Stored data:
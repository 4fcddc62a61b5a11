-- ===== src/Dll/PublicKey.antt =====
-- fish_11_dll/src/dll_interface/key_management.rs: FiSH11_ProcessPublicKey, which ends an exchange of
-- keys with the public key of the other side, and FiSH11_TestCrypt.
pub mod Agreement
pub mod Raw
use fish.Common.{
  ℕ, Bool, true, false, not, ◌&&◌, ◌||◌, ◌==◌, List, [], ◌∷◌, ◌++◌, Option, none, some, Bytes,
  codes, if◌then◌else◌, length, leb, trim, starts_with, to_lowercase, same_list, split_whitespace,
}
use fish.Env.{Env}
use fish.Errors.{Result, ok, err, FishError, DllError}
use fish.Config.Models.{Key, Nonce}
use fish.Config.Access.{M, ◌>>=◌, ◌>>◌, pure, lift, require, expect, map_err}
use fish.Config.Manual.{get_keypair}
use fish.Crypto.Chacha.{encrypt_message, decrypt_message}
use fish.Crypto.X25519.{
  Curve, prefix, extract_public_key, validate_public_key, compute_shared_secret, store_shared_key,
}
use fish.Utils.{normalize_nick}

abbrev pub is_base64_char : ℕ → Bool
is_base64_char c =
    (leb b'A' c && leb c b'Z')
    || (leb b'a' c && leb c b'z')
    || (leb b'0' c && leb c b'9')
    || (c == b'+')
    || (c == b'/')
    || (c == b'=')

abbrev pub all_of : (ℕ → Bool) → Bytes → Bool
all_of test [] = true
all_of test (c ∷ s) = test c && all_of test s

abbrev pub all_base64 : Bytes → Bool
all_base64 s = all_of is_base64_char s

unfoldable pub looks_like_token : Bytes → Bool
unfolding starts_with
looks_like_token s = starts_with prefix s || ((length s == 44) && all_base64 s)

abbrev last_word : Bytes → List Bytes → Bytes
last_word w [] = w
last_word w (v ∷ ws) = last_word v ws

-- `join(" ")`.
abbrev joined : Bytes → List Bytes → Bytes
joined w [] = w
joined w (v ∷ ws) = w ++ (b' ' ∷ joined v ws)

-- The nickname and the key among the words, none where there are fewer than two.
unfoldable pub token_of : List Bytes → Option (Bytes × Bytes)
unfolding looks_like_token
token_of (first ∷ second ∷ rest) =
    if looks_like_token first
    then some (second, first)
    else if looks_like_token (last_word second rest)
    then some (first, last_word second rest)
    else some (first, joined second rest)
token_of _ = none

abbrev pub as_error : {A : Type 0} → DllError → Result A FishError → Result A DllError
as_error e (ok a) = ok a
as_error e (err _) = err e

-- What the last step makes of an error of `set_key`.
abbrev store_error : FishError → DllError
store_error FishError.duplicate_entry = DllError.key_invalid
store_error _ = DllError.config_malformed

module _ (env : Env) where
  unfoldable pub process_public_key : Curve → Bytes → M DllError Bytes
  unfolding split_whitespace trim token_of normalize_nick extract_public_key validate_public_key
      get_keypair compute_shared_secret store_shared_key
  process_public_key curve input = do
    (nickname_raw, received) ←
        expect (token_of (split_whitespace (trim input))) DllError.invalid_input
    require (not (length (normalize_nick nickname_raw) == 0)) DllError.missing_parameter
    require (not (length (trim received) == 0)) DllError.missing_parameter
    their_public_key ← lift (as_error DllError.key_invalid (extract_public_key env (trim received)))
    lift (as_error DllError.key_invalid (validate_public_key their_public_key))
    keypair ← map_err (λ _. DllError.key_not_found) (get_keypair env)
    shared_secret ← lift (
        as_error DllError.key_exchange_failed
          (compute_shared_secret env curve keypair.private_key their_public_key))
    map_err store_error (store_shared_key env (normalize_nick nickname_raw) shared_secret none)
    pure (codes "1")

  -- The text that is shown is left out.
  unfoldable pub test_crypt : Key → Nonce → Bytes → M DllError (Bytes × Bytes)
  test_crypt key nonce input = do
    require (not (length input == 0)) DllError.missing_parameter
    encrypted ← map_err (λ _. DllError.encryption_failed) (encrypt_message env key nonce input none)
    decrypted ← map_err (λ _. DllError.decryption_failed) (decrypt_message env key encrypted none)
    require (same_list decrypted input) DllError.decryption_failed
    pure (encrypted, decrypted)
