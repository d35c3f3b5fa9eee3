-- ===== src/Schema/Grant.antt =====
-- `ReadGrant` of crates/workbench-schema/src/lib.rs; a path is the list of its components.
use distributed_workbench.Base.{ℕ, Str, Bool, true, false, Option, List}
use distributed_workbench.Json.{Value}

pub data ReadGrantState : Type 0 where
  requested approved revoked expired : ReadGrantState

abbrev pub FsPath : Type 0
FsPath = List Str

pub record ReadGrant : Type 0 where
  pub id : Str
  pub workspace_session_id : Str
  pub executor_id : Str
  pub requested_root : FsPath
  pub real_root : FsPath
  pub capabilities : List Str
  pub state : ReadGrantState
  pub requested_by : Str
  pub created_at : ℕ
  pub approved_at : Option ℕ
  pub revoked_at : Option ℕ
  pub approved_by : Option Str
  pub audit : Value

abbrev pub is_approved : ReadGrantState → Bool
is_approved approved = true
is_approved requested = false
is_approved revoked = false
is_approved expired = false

* * *

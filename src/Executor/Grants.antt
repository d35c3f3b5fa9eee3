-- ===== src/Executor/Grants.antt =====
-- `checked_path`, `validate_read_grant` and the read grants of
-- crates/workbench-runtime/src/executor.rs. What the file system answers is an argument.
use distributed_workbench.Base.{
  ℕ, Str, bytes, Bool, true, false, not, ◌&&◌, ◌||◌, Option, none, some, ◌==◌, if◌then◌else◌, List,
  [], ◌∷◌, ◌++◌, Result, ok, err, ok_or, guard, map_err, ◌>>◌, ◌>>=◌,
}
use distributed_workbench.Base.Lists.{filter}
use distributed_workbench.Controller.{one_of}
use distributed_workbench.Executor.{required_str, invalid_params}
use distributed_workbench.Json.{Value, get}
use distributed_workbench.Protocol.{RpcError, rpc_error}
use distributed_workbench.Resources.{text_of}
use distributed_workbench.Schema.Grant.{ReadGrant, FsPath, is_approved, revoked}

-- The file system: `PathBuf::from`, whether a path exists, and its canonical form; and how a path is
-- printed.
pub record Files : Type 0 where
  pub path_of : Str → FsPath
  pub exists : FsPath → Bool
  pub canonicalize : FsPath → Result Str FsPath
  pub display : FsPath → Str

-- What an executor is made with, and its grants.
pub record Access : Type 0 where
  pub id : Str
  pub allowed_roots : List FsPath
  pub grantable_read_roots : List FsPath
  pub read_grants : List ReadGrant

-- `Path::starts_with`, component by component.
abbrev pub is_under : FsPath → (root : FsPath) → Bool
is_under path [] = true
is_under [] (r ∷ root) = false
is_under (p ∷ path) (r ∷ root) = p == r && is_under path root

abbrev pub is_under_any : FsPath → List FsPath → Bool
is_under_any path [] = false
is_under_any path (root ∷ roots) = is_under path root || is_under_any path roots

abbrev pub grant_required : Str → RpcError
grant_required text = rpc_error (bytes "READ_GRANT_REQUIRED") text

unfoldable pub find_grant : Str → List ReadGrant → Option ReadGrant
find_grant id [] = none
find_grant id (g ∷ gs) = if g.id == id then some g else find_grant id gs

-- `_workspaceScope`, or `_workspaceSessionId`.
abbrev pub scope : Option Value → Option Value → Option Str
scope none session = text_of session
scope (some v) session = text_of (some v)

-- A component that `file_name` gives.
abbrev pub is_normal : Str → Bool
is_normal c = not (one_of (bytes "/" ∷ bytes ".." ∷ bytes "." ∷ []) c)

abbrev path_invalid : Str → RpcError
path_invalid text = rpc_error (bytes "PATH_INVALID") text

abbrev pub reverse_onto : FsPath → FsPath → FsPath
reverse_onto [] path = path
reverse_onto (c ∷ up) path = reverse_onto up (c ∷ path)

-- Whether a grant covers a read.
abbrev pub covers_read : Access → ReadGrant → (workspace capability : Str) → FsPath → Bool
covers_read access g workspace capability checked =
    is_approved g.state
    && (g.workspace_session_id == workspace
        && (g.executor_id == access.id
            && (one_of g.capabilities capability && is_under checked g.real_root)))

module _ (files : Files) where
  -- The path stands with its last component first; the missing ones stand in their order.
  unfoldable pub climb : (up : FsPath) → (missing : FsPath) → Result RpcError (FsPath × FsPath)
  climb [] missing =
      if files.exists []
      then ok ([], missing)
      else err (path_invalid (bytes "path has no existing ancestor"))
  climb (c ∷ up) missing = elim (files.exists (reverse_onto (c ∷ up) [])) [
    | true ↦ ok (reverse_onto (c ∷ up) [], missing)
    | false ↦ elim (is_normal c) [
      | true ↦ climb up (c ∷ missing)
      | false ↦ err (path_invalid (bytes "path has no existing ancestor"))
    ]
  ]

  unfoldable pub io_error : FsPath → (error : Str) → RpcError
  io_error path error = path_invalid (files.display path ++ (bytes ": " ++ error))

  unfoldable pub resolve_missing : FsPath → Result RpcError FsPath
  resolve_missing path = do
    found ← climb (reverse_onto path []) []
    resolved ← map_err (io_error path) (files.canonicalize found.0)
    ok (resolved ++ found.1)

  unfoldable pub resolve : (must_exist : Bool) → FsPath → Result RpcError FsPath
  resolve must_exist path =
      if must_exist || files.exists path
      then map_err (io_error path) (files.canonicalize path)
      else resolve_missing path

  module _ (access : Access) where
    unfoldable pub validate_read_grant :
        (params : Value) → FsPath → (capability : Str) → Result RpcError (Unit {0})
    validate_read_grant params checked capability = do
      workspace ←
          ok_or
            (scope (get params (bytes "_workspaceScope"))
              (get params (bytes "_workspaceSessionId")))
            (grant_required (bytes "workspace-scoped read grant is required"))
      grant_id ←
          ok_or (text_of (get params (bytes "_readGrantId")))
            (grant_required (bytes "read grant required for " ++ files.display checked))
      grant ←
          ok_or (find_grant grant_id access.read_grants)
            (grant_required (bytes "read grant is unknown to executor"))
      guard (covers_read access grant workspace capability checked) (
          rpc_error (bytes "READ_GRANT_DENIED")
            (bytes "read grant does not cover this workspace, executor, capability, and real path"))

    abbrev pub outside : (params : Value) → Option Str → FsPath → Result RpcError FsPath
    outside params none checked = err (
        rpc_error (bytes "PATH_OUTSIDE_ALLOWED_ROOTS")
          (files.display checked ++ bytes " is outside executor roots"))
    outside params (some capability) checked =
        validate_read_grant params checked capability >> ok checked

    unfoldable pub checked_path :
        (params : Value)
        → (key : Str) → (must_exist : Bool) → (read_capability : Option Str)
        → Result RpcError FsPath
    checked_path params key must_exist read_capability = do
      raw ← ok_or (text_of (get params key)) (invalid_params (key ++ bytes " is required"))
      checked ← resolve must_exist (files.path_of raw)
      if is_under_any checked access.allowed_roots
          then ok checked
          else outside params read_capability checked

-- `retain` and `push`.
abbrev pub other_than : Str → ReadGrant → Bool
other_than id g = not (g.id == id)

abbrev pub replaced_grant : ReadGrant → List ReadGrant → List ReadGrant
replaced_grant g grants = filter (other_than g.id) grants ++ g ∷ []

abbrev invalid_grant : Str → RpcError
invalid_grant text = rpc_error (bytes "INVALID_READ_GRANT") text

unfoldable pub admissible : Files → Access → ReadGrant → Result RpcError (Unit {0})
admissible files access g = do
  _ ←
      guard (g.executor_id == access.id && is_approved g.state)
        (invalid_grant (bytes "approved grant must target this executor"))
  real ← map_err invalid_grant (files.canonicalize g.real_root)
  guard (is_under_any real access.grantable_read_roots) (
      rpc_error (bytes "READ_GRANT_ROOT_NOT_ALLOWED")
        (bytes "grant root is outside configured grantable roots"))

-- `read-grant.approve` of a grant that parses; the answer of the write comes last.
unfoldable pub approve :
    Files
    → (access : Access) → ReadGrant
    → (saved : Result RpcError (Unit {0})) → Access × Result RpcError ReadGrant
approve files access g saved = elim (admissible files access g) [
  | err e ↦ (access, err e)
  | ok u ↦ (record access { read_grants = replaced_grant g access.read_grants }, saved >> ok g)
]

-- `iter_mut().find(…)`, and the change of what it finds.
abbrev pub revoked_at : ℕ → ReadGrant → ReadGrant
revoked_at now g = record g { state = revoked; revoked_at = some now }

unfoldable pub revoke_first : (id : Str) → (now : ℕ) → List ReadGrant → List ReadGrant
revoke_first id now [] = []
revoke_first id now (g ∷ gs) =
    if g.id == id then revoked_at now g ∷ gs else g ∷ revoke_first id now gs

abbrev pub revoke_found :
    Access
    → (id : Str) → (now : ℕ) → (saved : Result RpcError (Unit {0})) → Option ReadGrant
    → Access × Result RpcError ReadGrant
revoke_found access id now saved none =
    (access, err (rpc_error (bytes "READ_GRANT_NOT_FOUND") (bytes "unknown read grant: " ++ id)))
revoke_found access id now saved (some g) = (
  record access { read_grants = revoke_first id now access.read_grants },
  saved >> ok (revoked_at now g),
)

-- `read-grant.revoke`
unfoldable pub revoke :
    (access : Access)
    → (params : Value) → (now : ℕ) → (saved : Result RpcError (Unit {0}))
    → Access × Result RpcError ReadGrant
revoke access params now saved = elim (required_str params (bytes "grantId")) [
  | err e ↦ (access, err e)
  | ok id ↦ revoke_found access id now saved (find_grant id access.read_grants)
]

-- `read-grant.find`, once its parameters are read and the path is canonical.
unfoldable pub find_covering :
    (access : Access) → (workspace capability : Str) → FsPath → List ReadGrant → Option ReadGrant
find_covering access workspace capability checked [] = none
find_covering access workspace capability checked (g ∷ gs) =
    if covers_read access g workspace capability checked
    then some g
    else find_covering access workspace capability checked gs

→ **TASK INSTRUCTIONS**
Write down, word for word, the lines above from the one containing "repository 4fcddc62a61b5a11" through the one containing "then some (second, first)", both ends included.

→ **EXERCISE RESPONSE**
repository 4fcddc62a61b5a11
-- ===== src/Dll/PublicKey.antt =====
-- fish_11_dll/src/dll_interface/key_management.rs: FiSH11_ProcessPublicKey, which ends an exchange of
-- keys with the public key of the other side, and FiSH11_TestCrypt.
pub mod Agreement
pub mod Raw
use fish.Common.{
  ℕ, Bool, true, false, not, ◌&&◌, ◌||◌, ◌==◌, List, [], ◌∷◌, ◌++◌, Option, none, some, Bytes,
  codes, if◌then◌else◌, length, leb, trim, starts_with, to_lowercase, same_list, split_whitespace,
}
use fish.Env.{Env}
use fish.Errors.{Result, ok, err, FishError, DllError}
use fish.Config.Models.{Key, Nonce}
use fish.Config.Access.{M, ◌>>=◌, ◌>>◌, pure, lift, require, expect, map_err}
use fish.Config.Manual.{get_keypair}
use fish.Crypto.Chacha.{encrypt_message, decrypt_message}
use fish.Crypto.X25519.{
  Curve, prefix, extract_public_key, validate_public_key, compute_shared_secret, store_shared_key,
}
use fish.Utils.{normalize_nick}

abbrev pub is_base64_char : ℕ → Bool
is_base64_char c =
    (leb b'A' c && leb c b'Z')
    || (leb b'a' c && leb c b'z')
    || (leb b'0' c && leb c b'9')
    || (c == b'+')
    || (c == b'/')
    || (c == b'=')

abbrev pub all_of : (ℕ → Bool) → Bytes → Bool
all_of test [] = true
all_of test (c ∷ s) = test c && all_of test s

abbrev pub all_base64 : Bytes → Bool
all_base64 s = all_of is_base64_char s

unfoldable pub looks_like_token : Bytes → Bool
unfolding starts_with
looks_like_token s = starts_with prefix s || ((length s == 44) && all_base64 s)

abbrev last_word : Bytes → List Bytes → Bytes
last_word w [] = w
last_word w (v ∷ ws) = last_word v ws

-- `join(" ")`.
abbrev joined : Bytes → List Bytes → Bytes
joined w [] = w
joined w (v ∷ ws) = w ++ (b' ' ∷ joined v ws)

-- The nickname and the key among the words, none where there are fewer than two.
unfoldable pub token_of : List Bytes → Option (Bytes × Bytes)
unfolding looks_like_token
token_of (first ∷ second ∷ rest) =
    if looks_like_token first
    then some (second, first)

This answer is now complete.